Extracted material section start
-- ===== src/Commit/Publish/Landing.antt =====
-- How a change that `gen_new_commit` of server/repo-op.c publishes moves the branch.
use mathlib.Core.Path.{subst}
use seafile_server.Base.{
  ℕ, suc, ◌≤◌, ◌≡◌, ◌≢◌, refl, sym, ap, ◌∙◌, inl, inr, Bool, true, false, Option, none, some, [],
  ◌∷◌, CString, codes, if_split, str_eq, str_eq_iff, arith, length, take,
}
use seafile_server.Merge.{MergeState, Rc, success, failure, out_of_fuel}
use seafile_server.Branch.{Branch, BranchState, put_row, branch_set_commit}
use seafile_server.Branch.Swap.{test_and_update_branch_swaps}
use seafile_server.Commit.{Commit, Repo, Commits, commit_new, repo_to_commit}
use seafile_server.Commit.Stores.{load_commit_id}
use seafile_server.Commit.Publish.Repos.{IsMaster, get_repo-IsMaster}
use seafile_server.Commit.Publish.{
  World, PublishEnv, Change, Refusal, invalid_repo, committed, refused, get_repo, save_commit,
  saved_commit, merged_commit, after_merge, merge_with_head, attempts, new_commit_of, start,
  gen_new_commit, merge_env,
}
use seafile_server.Commit.Publish.Ways.{in_repo-rule, start-rule, attempts-holds}
use seafile_server.Commit.Publish.Attempts.{
  merge_result, Fits, Tried, left_by, Reaches, first_attempt, next_attempt, Landed,
}

master_row :
    (head : Branch) (commit_id repo_id id : CString)
    → head.name ≡ codes "master"
    → head.repo_id ≡ take 36 repo_id
    → commit_id ≡ id
    → branch_set_commit head commit_id
      ≡ record { name = codes "master"; repo_id = take 36 repo_id; commit_id = take 40 id }
unfolding branch_set_commit
master_row head commit_id repo_id id n r e = rw (n, r, e) refl

refused≢committed : (why : Refusal) (id : CString) → refused why ≢ committed id
refused≢committed why id = λ e. cc

committed_eq : (a b : CString) → committed a ≡ committed b → a ≡ b
committed_eq a b h = cc

not_empty : (id : CString) → length id ≡ 40 → id ≢ []
not_empty [] h = ground arith
not_empty (x ∷ id) h = λ e. cc

module _ (E : PublishEnv) (change : Change) where
  saved_commit_same :
      (w : World) (c : Commit) (r : Bool × Commits) → (saved_commit E change w c r).1 ≡ c
  saved_commit_same w c (true, commits) = refl
  saved_commit_same w c (false, commits) = refl

  pub save_commit_same : (w : World) (c : Commit) → (save_commit E change w c).1 ≡ c
  unfolding save_commit
  save_commit_same w c = saved_commit_same w c _

  merged_commit-Fits :
      (v : World) (repo : Repo) (current_head new_commit : Commit) (time : ℕ)
      (s : MergeState (merge_env E v repo new_commit.commit_id))
      → merge_result E change v repo current_head new_commit ≡ (success, s)
      → Fits E change v repo current_head new_commit (
          merged_commit E change repo current_head new_commit s.objects s.conflict
            s.merged_tree_root time)
  unfolding merged_commit repo_to_commit commit_new
  merged_commit-Fits v repo current_head new_commit time s e =
      (refl, inr (refl, rw e refl, rw e refl))

  after_merge-Fits :
      (v : World) (repo : Repo) (current_head new_commit : Commit) (time : ℕ)
      (r : Rc × MergeState (merge_env E v repo new_commit.commit_id))
      → merge_result E change v repo current_head new_commit ≡ r
      → (after_merge E change _ v repo current_head new_commit time r).0.0 ≡ none
      → Fits E change v repo current_head new_commit
          (after_merge E change _ v repo current_head new_commit time r).1
  after_merge-Fits v repo current_head new_commit time (failure, s) e h = cc
  after_merge-Fits v repo current_head new_commit time (out_of_fuel, s) e h = cc
  after_merge-Fits v repo current_head new_commit time (success, s) e h =
      subst (λ (c : Commit). Fits E change v repo current_head new_commit c)
        (sym (
          save_commit_same (record v { objects = s.objects })
            (merged_commit E change repo current_head new_commit s.objects s.conflict
              s.merged_tree_root time)))
        (merged_commit-Fits v repo current_head new_commit time s e)

  merge_with_head-Fits :
      (v : World) (repo : Repo) (current_head new_commit : Commit) (time : ℕ)
      → new_commit.parent_id ≡ some change.base.commit_id
      → (merge_with_head E change v repo current_head new_commit time).0.0 ≡ none
      → Fits E change v repo current_head new_commit
          (merge_with_head E change v repo current_head new_commit time).1
  unfolding merge_with_head
  merge_with_head-Fits v repo current_head new_commit time parent =
      if_split
        (λ (x : (Option Refusal × World) × Commit).
          x.0.0 ≡ none → Fits E change v repo current_head new_commit x.1)
        (str_eq change.base.commit_id current_head.commit_id) ((none, v), new_commit) _
        (λ e h.
          let same = (str_eq_iff change.base.commit_id current_head.commit_id).0 e in
          (parent ∙ ap (λ (x : CString). some x) same, inl (same, refl)))
        (λ e h. after_merge-Fits v repo current_head new_commit time _ refl h)

  Reaches-IsMaster :
      {new_commit : Commit} {repo_id : CString} {w : World} {k : ℕ} {repo : Repo} {v : World}
      → Reaches E change new_commit repo_id w k repo v
      → IsMaster repo_id repo
  Reaches-IsMaster (first_attempt {repo} {v} loads saves) = get_repo-IsMaster E _ _ loads
  Reaches-IsMaster (next_attempt t r a b loads) = get_repo-IsMaster E _ _ loads

  module _ (repo_id : CString) (new_commit : Commit) (w : World) (id : CString)
      (parent : new_commit.parent_id ≡ some change.base.commit_id) where
    Tried-Landed :
        (k : ℕ) (repo : Repo) (v : World) (t : Tried E change new_commit k repo v)
        → Reaches E change new_commit repo_id w k repo v
        → k ≤ 3
        → t.updated ≡ true
        → t.commit.commit_id ≡ id
        → Landed E change new_commit repo_id w id (left_by E change new_commit k repo v t)
    unfolding branch_set_commit
    Tried-Landed k repo v t reached few ok is_id =
        let (name_is, repo_is) = Reaches-IsMaster reached in
        let (same_id, len) = load_commit_id v.commits repo.id repo.head.commit_id t.is_current in
        let (works_ok, head, there, cut, heads) =
          test_and_update_branch_swaps E.is_virtual_repo (E.trans k)
            (branch_set_commit repo.head t.commit.commit_id) t.current_head.commit_id
            (E.others k t.saved).branches
            (not_empty t.current_head.commit_id (ap length same_id ∙ len))
            (ap (λ (x : Bool × BranchState). x.0) t.updates ∙ ok) in
        record {
          attempt = k;
          repo = repo;
          begins = v;
          reached = reached;
          in_time = few;
          tried = t;
          did_update = ok;
          ends = refl;
          is_commit = is_id;
          fits =
              subst
                (λ (x : (Option Refusal × World) × Commit).
                  x.0.0 ≡ none → Fits E change v repo t.current_head new_commit x.1)
                t.merges
                (merge_with_head-Fits v repo t.current_head new_commit (E.now (suc k)) parent) refl;
          head = head;
          was_head =
              subst
                (λ (r : CString).
                  (E.others k t.saved).branches.heads r (codes "master") ≡ some head)
                repo_is
                (subst
                  (λ (n : CString).
                    (E.others k t.saved).branches.heads repo.head.repo_id n ≡ some head)
                  name_is there);
          is_head = cut;
          moved =
              ap (λ (x : Bool × BranchState). x.1.heads) (sym t.updates)
              ∙ heads
              ∙ ap (λ (b : Branch). put_row b (E.others k t.saved).branches.heads)
                  (master_row repo.head t.commit.commit_id repo_id id name_is repo_is is_id);
        }

  new_commit_of-parent :
      (repo : Repo) (desc : CString)
      → (new_commit_of E change repo desc).parent_id ≡ some change.base.commit_id
  unfolding new_commit_of repo_to_commit
  new_commit_of-parent repo desc = refl

  -- A run whose attempts are those of another commit, which is the same.
  attempts-Landed :
      (repo_id : CString) (new_commit commit : Commit) (w v : World) (id : CString) (repo : Repo)
      → get_repo E w repo_id ≡ some repo
      → new_commit.parent_id ≡ some change.base.commit_id
      → save_commit E change w new_commit ≡ ((none, v), commit)
      → commit ≡ new_commit
      → (attempts E change 3 0 repo_id commit repo v).0 ≡ committed id
      → Landed E change new_commit repo_id w id (attempts E change 3 0 repo_id commit repo v).1
  attempts-Landed repo_id new_commit commit w v id repo loads parent saves same =
      let saves_it : save_commit E change w new_commit ≡ ((none, v), new_commit) =
        saves ∙ ap (λ (c : Commit). ((none, v), c)) same in
      subst
        (λ (c : Commit).
          (attempts E change 3 0 repo_id c repo v).0 ≡ committed id
          → Landed E change new_commit repo_id w id (attempts E change 3 0 repo_id c repo v).1)
        (sym same)
        (attempts-holds E change repo_id new_commit w
          (λ x. x.0 ≡ committed id → Landed E change new_commit repo_id w id x.1)
          (λ why u refusal. absurd (refused≢committed why id refusal))
          (λ k repo' v' t reached few ok is_committed.
            Tried-Landed repo_id new_commit w id parent k repo' v' t reached few ok
              (committed_eq t.commit.commit_id id is_committed))
          3 0 repo v refl (first_attempt loads saves_it))

  -- Where gen_new_commit reports a change as published, whatever other processes do to branches,
  -- commits and directories in between, one of its at most four attempts is the last: it begins in
  -- the world that the run reaches by saving the new commit and by the attempts before it, in each
  -- of which the update of the branch was refused; it reads the head of the library and makes a
  -- commit whose parent is that head, and which is the new commit where the head is its base, or
  -- else has the new commit as its second parent and the root that the merge with the head yields;
  -- in the table as its transaction finds it, the row of the library's branch master holds that
  -- head, and the table that the call leaves is that one with the row set to the commit.
  pub gen_new_commit_lands :
      (repo_id desc id : CString) (w : World)
      → (gen_new_commit E change repo_id desc w).0 ≡ committed id
      → (repo : Repo) × (get_repo E w repo_id ≡ some repo)
        × Landed E change
            (new_commit_of E change repo desc)
            repo_id
            w
            id
            (gen_new_commit E change repo_id desc w).1
  unfolding gen_new_commit
  gen_new_commit_lands repo_id desc id w =
      in_repo-rule E change
        (λ x.
          x.0 ≡ committed id
          → (repo : Repo) × (get_repo E w repo_id ≡ some repo)
            × Landed E change (new_commit_of E change repo desc) repo_id w id x.1)
        repo_id
        (λ repo.
          start E change repo_id repo (save_commit E change w (new_commit_of E change repo desc)))
        w (get_repo E w repo_id) refl
        (λ refusal. absurd (refused≢committed invalid_repo id refusal))
        (λ repo loads.
          start-rule E change
            (λ x.
              x.0 ≡ committed id
              → (repo : Repo) × (get_repo E w repo_id ≡ some repo)
                × Landed E change (new_commit_of E change repo desc) repo_id w id x.1)
            repo_id repo (save_commit E change w (new_commit_of E change repo desc))
            (λ why u refusal. absurd (refused≢committed why id refusal))
            (λ v commit saves is_committed. (
              repo,
              loads,
              attempts-Landed repo_id (new_commit_of E change repo desc) commit w v id repo loads
                  (new_commit_of-parent repo desc) saves
                  (ap (λ (x : (Option Refusal × World) × Commit). x.1) (sym saves)
                    ∙ save_commit_same w (new_commit_of E change repo desc))
                  is_committed,
            )))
Extracted material section end
What you need to do: From the records above, transcribe exactly the run of lines that opens with the line holding "new_commit ≡ r" and closes with the line holding "saves) = get_repo-IsMaster E _ _ loads", both included.

Answer box:
      → merge_result E change v repo current_head new_commit ≡ r
      → (after_merge E change _ v repo current_head new_commit time r).0.0 ≡ none
      → Fits E change v repo current_head new_commit
          (after_merge E change _ v repo current_head new_commit time r).1
  after_merge-Fits v repo current_head new_commit time (failure, s) e h = cc
  after_merge-Fits v repo current_head new_commit time (out_of_fuel, s) e h = cc
  after_merge-Fits v repo current_head new_commit time (success, s) e h =
      subst (λ (c : Commit). Fits E change v repo current_head new_commit c)
        (sym (
          save_commit_same (record v { objects = s.objects })
            (merged_commit E change repo current_head new_commit s.objects s.conflict
              s.merged_tree_root time)))
        (merged_commit-Fits v repo current_head new_commit time s e)

  merge_with_head-Fits :
      (v : World) (repo : Repo) (current_head new_commit : Commit) (time : ℕ)
      → new_commit.parent_id ≡ some change.base.commit_id
      → (merge_with_head E change v repo current_head new_commit time).0.0 ≡ none
      → Fits E change v repo current_head new_commit
          (merge_with_head E change v repo current_head new_commit time).1
  unfolding merge_with_head
  merge_with_head-Fits v repo current_head new_commit time parent =
      if_split
        (λ (x : (Option Refusal × World) × Commit).
          x.0.0 ≡ none → Fits E change v repo current_head new_commit x.1)
        (str_eq change.base.commit_id current_head.commit_id) ((none, v), new_commit) _
        (λ e h.
          let same = (str_eq_iff change.base.commit_id current_head.commit_id).0 e in
          (parent ∙ ap (λ (x : CString). some x) same, inl (same, refl)))
        (λ e h. after_merge-Fits v repo current_head new_commit time _ refl h)

  Reaches-IsMaster :
      {new_commit : Commit} {repo_id : CString} {w : World} {k : ℕ} {repo : Repo} {v : World}
      → Reaches E change new_commit repo_id w k repo v
      → IsMaster repo_id repo
  Reaches-IsMaster (first_attempt {repo} {v} loads saves) = get_repo-IsMaster E _ _ loads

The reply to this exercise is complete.